# DIY Stop Block



## MT_Stringer (Jul 21, 2009)

I got myself in a bind today while cutting some boards to length. I had four to cut but they were longer than the Kreg Precision Trak I use on the miter saw station.

So, I recycled the adjustable extension stop block I had used previously on my table saw cross cut sled.

To make it useable, I added a piece that attaches to the track with a 1/4×20 knob and screwed the extension to it with three screws. I may make something a little more elaborate at a later date but it worked perfectly for me today and it only took a few minutes to figure out a temporary fix. And it is adjustable because it can be slid along the track to extend the stop block feature out to 60 inches.

Using this stop block instead of the Kreg stops, I had to manually measure and set the stop block accordingly but that was no problem.



















Hope you find this helpful.
Mike


----------



## PLK (Feb 11, 2014)

I'm currently building my miter saw station and have been contemplating a fence for mine. This is a great idea, if you don't mind me stealing it I will put it onto mine after I'm done with it. Great idea to extend the kreg fence for repeats.

Mine so far, not even close to done.


----------



## MT_Stringer (Jul 21, 2009)

Post some pics when you get it finished.


----------



## PLK (Feb 11, 2014)

Will do, and will credit you for the kreg fence extension. Already trying to design a sketchup model for the kreg fence to incorporate your fence ad on. What was your final overall cross cut length 6 foot ish?

Paul


----------



## MT_Stringer (Jul 21, 2009)

60 inches. If the top piece were longer with several holes it could be extended or perhaps make a longer extension. I just used what I had on hand.

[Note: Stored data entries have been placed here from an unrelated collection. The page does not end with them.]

-- ===== src/Seed/Accounts.antt =====
-- The accounts of seed_demo.py: what `_ensure_user` leaves in the tables.
use mathlib.Core.Path.{subst}
use sirius_vkr.Prelude.{
  ℕ, ◌≡◌, refl, sym, ap, ◌∙◌, false, String, none, some, List, [], ◌∷◌, ◌++◌, str_eq, inl, inr,
  Bool-cases, Option-cases, arith,
}
use sirius_vkr.Sql.{first}
use sirius_vkr.Sql.Laws.{first-append_none}
use sirius_vkr.Models.Access.{RoleName, User}
use sirius_vkr.Database.{Db}
use sirius_vkr.Exec.{Result, ok, pure}
use sirius_vkr.Exec.Laws.{bind_cases}
use sirius_vkr.Session.{Session}
use sirius_vkr.Config.{Settings}
use sirius_vkr.Security.{Packages}
use sirius_vkr.Auth.Roles.{roles_by_name}
use sirius_vkr.Auth.Service.{
  get_user_by_email, unknown_role, role_links, add_roles, email_taken, register_user,
}
use sirius_vkr.Auth.Service.Bootstrap.{email_taken-none}
use sirius_vkr.Auth.Service.Accounts.{
  next_user, next_user-email, register_user_unknown, register_user_taken,
}
use sirius_vkr.Seed.State.{Seeder}
use sirius_vkr.Seed.People.{ensured, ensure_user}
use sirius_vkr.Seed.Growth.{Grows, Grows-refl, Grows-trans, Grows-users, Grows-other, IsGrowing}

-- The account of an email has a certain id.
pub record HasAccount (email : String) (k : ℕ) (db : Db) : Type 0 where
  pub user : User
  pub found : get_user_by_email email db ≡ some user
  pub same : user.id ≡ k

module _ (packages : Packages) (email password : String) (roles : List RoleName) (s : Session) where
  -- The tables after a registration.
  abbrev pub registered : Db
  registered = record s.pending {
    users = s.pending.users ++ next_user packages email password roles s ∷ [];
    user_roles =
        s.pending.user_roles ++ role_links (s.fresh s.drawn) (roles_by_name roles s.pending.roles);
  }

  pub register_user_pending :
      unknown_role roles s.pending ≡ false
      → email_taken email s.pending ≡ false
      → ((register_user packages email password roles s).0
          ≡ ok (next_user packages email password roles s))
        × ((register_user packages email password roles s).1.pending ≡ registered)
  unfolding register_user add_roles
  register_user_pending known free = ground arith

  -- A registration that returns found the roles known and the email free.
  register_user_inverse :
      (u : User)
      → (register_user packages email password roles s).0 ≡ ok u
      → (u ≡ next_user packages email password roles s)
        × ((register_user packages email password roles s).1.pending ≡ registered)
        × (email_taken email s.pending ≡ false)
  register_user_inverse u h = elim (Bool-cases (unknown_role roles s.pending)) [
    | inl unknown ↦
        let r = register_user_unknown packages email password roles s unknown in absurd (cc)
    | inr known ↦ elim (Bool-cases (email_taken email s.pending)) [
      | inl taken ↦
          let r = register_user_taken packages email password roles s known taken in absurd (cc)
      | inr free ↦ let (r, p) = register_user_pending known free in (cc, p, free)
    ]
  ]

  pub registered-HasAccount :
      email_taken email s.pending ≡ false
      → get_user_by_email email registered ≡ some (next_user packages email password roles s)
  unfolding get_user_by_email email_taken
  registered-HasAccount free =
      let is_email = λ (v : User). str_eq v.email email in
      let u = next_user packages email password roles s in
      let own : first is_email (u ∷ []) ≡ some u =
        rw (next_user-email packages email password roles s) refl in
      first-append_none is_email s.pending.users (u ∷ []) free ∙ own

  pub registered-Grows : Grows s.pending registered
  registered-Grows =
      Grows-trans (Grows-users (next_user packages email password roles s ∷ []) s.pending)
        (Grows-other _ registered refl refl refl refl)

module _ (packages : Packages) (settings : Settings) (email : String) (role : RoleName) where
  -- `ensured` without an account, when it returns.
  ensured-none :
      (s : Session) (k : ℕ)
      → (ensured packages settings email role none s).0 ≡ ok k
      → let u = next_user packages email settings.seed_demo_password (role ∷ []) s in
        (u.id ≡ k)
        × ((ensured packages settings email role none s).1.pending
            ≡ registered packages email settings.seed_demo_password (role ∷ []) s)
        × (email_taken email s.pending ≡ false)
  unfolding ensured
  ensured-none s k h =
      elim (bind_cases (register_user packages email settings.seed_demo_password (role ∷ []))
        (λ (u : User). pure u.id) s) [
          | inl (e, raised, whole) ↦ absurd (cc)
          | inr (u, returned, whole) ↦
              let (same, tables, free) =
                register_user_inverse packages email settings.seed_demo_password (role ∷ []) s u
                  returned in
              (cc, ap (λ (t : Result ℕ × Session). t.1.pending) whole ∙ tables, free)
        ]

  ensured_ok :
      (s : Session)
      → unknown_role (role ∷ []) s.pending ≡ false
      → email_taken email s.pending ≡ false
      → (k : ℕ) × ((ensured packages settings email role none s).0 ≡ ok k)
        × ((ensured packages settings email role none s).1.pending.roles ≡ s.pending.roles)
  unfolding ensured
  ensured_ok s known free =
      let register = register_user packages email settings.seed_demo_password (role ∷ []) in
      let (result, tables) =
        register_user_pending packages email settings.seed_demo_password (role ∷ []) s known free in
      elim (bind_cases register (λ (u : User). pure u.id) s) [
        | inl (e, raised, whole) ↦ absurd (cc)
        | inr (u, returned, whole) ↦ (
          u.id,
          ap (λ t. t.0) whole,
          ap (λ t. t.1.pending.roles) whole ∙ ap (λ (db : Db). db.roles) tables,
        )
      ]

  -- With an account of the email it answers with its id and changes nothing.
  pub ensure_user_found :
      (u : User) (w : Seeder)
      → get_user_by_email email w.session.pending ≡ some u
      → ensure_user packages settings email role w ≡ (ok u.id, w)
  unfolding ensure_user ensured
  ensure_user_found u w h = rw h refl

  -- Without one it is a registration.
  ensure_user_new :
      (w : Seeder)
      → get_user_by_email email w.session.pending ≡ none
      → let (r, w') = ensure_user packages settings email role w in
        (r ≡ (ensured packages settings email role none w.session).0)
        × (w'.session ≡ (ensured packages settings email role none w.session).1)
  unfolding ensure_user
  ensure_user_new w h = rw h (refl, refl)

  -- When it returns, the email has an account of the id that it answers, and nothing is lost.
  ensure_user_post :
      (w : Seeder) (k : ℕ)
      → (ensure_user packages settings email role w).0 ≡ ok k
      → HasAccount email k (ensure_user packages settings email role w).1.session.pending
        × Grows w.session.pending (ensure_user packages settings email role w).1.session.pending
  ensure_user_post w k h = elim (Option-cases (get_user_by_email email w.session.pending)) [
    | inl absent ↦
        let (result, state) = ensure_user_new w absent in
        let (same, tables, free) = ensured-none w.session k (sym result ∙ h) in
        subst (λ (db : Db). HasAccount email k db × Grows w.session.pending db)
          (sym (ap (λ (s : Session). s.pending) state ∙ tables))
          (
            record {
              user = _;
              found =
                  registered-HasAccount packages email settings.seed_demo_password (role ∷ [])
                    w.session free;
              same = same;
            },
            registered-Grows packages email settings.seed_demo_password (role ∷ []) w.session,
          )
    | inr (u, present) ↦
        let whole = ensure_user_found u w present in
        subst
          (λ (t : Result ℕ × Seeder).
            HasAccount email k t.1.session.pending × Grows w.session.pending t.1.session.pending)
          (sym whole)
          (record { user = u; found = present; same = cc }, Grows-refl w.session.pending)
  ]

  pub ensure_user-IsGrowing : IsGrowing (ensure_user packages settings email role)
  ensure_user-IsGrowing = record { grows = λ w k h. (ensure_user_post w k h).1 }

  pub ensure_user-HasAccount :
      (w : Seeder) (k : ℕ)
      → (ensure_user packages settings email role w).0 ≡ ok k
      → HasAccount email k (ensure_user packages settings email role w).1.session.pending
  ensure_user-HasAccount w k h = (ensure_user_post w k h).0

  -- Where the role exists it returns, and leaves the roles as they were.
  pub ensure_user_ok :
      (w : Seeder)
      → unknown_role (role ∷ []) w.session.pending ≡ false
      → (k : ℕ) × ((ensure_user packages settings email role w).0 ≡ ok k)
        × ((ensure_user packages settings email role w).1.session.pending.roles
            ≡ w.session.pending.roles)
  ensure_user_ok w known = elim (Option-cases (get_user_by_email email w.session.pending)) [
    | inl absent ↦
        let (result, state) = ensure_user_new w absent in
        let (k, returned, tables) =
          ensured_ok w.session known (email_taken-none email w.session.pending absent) in
        (k, result ∙ returned, ap (λ (s : Session). s.pending.roles) state ∙ tables)
    | inr (u, present) ↦
        let whole = ensure_user_found u w present in
        (u.id, ap (λ t. t.0) whole, ap (λ t. t.1.session.pending.roles) whole)
  ]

Check out my projects. I had used this extension on my crosscut sled. Later I rebuilt my sled so I could use dado blades and added the Kreg track to it also.


----------



## PLK (Feb 11, 2014)

Check out my projects for my sled. You might like it.

Paul


----------



## MT_Stringer (Jul 21, 2009)

Nice sled, Paul. It is way too big for my shop. I have very limited work area. Heck I wouldn't even have a place to store it. :-(

The fact my sled is adjustable works great when using the dado blade, which I did yesterday and will be doing again today.


----------